The pork yes  ha ha we have only been at it for 4 days and I am already getting carried away! It could be worse though I can't wait to give her a trotter!  she really enjoyed it, didn't get through much of it, but I think if she had it for an hour it would of been a meal instead of recreational lol 
I'm sure she will be fine, and I will lay off any new things until the beginning of next week, then the turkey necks are coming out


----------



## suesdogs15 (Oct 9, 2011)

I found that after the first few new introductions I had no problems,once their gut was used to raw they became quite hardy to all I gave them. It was often just a case of one of them not liking something, one of mine doesn't like raw liver or kidney in lumps ,so I either gently cook it , or mince it , "simples"


----------



## Kivasmum (Aug 4, 2011)

Chicken mince and a tablespoon of natural yoghurt for breakfast.

Small firm poops and no accidents overnight, so her 20 minute chew on a pork bone had no adverse effects :thumbup:

This is so much easier than I thought


----------



## SLB (Apr 25, 2011)

Kivasmum said:


> I want a pantry  ha ha


I wouldn't be without mine, it's where my freezer is, cat food, shavings and straw - it's the pet pantry really


----------



## Kivasmum (Aug 4, 2011)

My defrosting area is a Tupperware tub in the microwave  I have tomorrow mornings tripe in there already, I'm getting the hang of it  

Carcass for tea nom nom  

Also have to mention her behaviour! A LOT more chilled :w00t: she's like a 7 month old puppy without speed  ha ha doesn't jump as much, still loves to play but isn't quite as manic  and that's just after 5 days ........


----------



## CuteRotts (Jun 12, 2011)

suesdogs15 said:


> See your turning out just like me "POO OBSESSED"


I think it's inevitable. When we're out walking the beasties and OH picks up, he asks me if I want to feel it! That can't be normal, can it?!
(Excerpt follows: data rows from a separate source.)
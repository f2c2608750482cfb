-- ===== src/Agent/Bytes.antt =====
-- The buffered amount of a channel from the encoder's count, transport/owr_transport_agent.c and
-- transport/owr_data_channel.c.
use Prim.Native.Nat.{min}
use openwebrtc.Prelude.{ℕ, ◌+◌, ◌-◌, ◌%◌, ◌^◌, ◌<◌, ◌≡◌, ◌∙◌, refl, false, some, arith, lookup}
use openwebrtc.Outcome.{ok}
use openwebrtc.DataChannel.{DataChannel, max_uint, get_buffered_amount}
use openwebrtc.DataChannel.Buffered.{get_buffered_amount_lem}
use openwebrtc.Agent.{Agent, ChannelInfo, Session, get_session}
use openwebrtc.Agent.Send.{on_datachannel_request_bytes_sent}

-- If the encoder has counted n bytes on the stream beside those of control messages, the agent
-- answers n to the object of a channel that it knows, and the object then reports as buffered what
-- the application has sent less n, from 0 up to the largest guint.
pub get_buffered_amount-request :
    (ref f n : ℕ) (bytes_sent answer : ℕ → ℕ) (a : Agent) (c : DataChannel) (info : ChannelInfo)
    (session : Session)
    → lookup ref a.objects ≡ some c
    → a.locked ≡ false
    → lookup c.id a.data_channels ≡ some info
    → get_session a info.session_id ≡ some session
    → c.on_request_bytes_sent ≡ some f
    → bytes_sent c.id ≡ info.ctrl_bytes_sent + n
    → n < 2 ^ 64
    → answer f ≡ n
    → (on_datachannel_request_bytes_sent ref bytes_sent a ≡ ok n)
      × (get_buffered_amount c answer ≡ min max_uint (c.bytes_sent - n))
unfolding on_datachannel_request_bytes_sent
get_buffered_amount-request ref f n bytes_sent answer a c info session object unlocked entry its g h
      p q =
    let rest : (info.ctrl_bytes_sent + n + 2 ^ 64 - info.ctrl_bytes_sent) % 2 ^ 64 ≡ n =
      omega arith in
    (
      rw (object, entry, its, h, rest, unlocked) refl,
      get_buffered_amount_lem c answer ∙ rw (g, q) refl,
    )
Glad all's going well with Kiva. Exciting isn't it?

Em x


----------



## Kivasmum (Aug 4, 2011)

CuteRotts said:


> I think it's inevitable. When we're out walking the beasties and OH picks up, he asks me if I want to feel it! That can't be normal, can it?!
> 
> Glad all's going well with Kiva. Exciting isn't it?
> 
> Em x


It is  I look forward to feeding her, and she looks forward to being fed ha ha x


----------



## sallygunes (Aug 5, 2011)

have you fed any liver yet ? just wondered as winston had the runs this eve and i think it was prob the little bit of ox liver i fed with his tripe this morning ?

just wondered if this was normal when introducing liver ?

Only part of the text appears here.